▶ [Record excerpts]
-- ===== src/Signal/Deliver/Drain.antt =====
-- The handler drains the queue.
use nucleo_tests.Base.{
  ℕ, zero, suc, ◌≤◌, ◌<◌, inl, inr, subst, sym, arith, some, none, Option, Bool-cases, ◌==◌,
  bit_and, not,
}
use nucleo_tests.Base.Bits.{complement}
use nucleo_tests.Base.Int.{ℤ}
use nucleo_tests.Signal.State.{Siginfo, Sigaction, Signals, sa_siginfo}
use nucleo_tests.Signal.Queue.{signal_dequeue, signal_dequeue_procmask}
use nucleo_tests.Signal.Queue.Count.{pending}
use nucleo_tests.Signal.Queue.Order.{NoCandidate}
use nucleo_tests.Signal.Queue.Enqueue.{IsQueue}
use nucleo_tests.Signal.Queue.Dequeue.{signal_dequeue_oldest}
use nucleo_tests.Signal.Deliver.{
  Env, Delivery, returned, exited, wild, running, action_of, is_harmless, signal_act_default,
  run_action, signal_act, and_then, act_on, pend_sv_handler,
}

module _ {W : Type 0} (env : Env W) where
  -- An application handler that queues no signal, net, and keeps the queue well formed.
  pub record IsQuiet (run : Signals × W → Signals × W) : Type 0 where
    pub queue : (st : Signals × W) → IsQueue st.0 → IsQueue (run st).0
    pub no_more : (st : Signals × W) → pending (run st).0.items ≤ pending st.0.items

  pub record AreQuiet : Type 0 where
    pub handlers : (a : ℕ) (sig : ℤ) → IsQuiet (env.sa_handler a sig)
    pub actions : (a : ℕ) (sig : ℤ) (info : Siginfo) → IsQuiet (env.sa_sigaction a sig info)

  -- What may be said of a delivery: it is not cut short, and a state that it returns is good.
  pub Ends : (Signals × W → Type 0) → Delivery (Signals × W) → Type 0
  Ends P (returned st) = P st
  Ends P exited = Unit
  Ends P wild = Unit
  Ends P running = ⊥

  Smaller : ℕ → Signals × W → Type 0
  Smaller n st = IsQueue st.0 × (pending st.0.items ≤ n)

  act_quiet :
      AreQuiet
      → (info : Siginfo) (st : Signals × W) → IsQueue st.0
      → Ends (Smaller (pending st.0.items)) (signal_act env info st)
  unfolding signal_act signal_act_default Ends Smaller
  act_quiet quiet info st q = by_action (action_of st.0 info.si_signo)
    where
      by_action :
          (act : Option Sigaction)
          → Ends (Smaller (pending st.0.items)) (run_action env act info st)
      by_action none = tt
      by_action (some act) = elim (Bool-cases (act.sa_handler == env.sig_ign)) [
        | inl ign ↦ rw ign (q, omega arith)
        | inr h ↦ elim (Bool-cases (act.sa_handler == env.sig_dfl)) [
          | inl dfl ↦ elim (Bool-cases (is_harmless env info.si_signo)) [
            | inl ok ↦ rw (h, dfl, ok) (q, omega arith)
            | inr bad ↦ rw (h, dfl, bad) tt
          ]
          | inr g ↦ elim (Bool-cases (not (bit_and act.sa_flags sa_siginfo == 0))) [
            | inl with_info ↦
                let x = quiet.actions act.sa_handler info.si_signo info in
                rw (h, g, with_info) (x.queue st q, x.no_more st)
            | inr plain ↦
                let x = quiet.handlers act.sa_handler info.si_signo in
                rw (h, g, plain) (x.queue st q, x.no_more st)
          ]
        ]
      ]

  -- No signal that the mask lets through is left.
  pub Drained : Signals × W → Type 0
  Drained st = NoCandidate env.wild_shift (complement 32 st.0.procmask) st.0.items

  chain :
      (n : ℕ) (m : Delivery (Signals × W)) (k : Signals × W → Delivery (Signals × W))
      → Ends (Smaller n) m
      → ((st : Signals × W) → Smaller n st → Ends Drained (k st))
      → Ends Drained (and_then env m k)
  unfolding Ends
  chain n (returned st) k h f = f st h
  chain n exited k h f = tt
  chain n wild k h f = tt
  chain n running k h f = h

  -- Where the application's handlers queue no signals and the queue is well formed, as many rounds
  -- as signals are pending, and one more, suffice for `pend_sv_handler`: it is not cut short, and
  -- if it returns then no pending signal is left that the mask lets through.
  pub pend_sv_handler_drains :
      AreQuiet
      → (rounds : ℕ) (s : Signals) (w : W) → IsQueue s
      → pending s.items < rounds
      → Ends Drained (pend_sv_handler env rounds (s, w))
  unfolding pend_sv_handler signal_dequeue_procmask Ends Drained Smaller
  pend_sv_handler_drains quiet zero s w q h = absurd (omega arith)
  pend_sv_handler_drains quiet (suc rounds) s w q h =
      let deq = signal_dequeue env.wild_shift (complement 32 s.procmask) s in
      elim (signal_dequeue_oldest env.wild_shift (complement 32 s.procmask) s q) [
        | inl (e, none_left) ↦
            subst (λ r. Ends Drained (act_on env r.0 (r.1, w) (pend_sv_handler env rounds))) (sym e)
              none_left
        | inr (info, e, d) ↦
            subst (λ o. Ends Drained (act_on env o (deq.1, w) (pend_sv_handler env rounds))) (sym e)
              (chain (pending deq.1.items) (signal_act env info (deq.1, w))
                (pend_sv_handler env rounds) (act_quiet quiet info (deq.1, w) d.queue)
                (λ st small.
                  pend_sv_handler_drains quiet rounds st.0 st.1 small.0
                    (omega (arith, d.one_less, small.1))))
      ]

▶ [Task item] Output nothing but the number of lines in the data containing the string "some".

▶ [Exercise solution] 2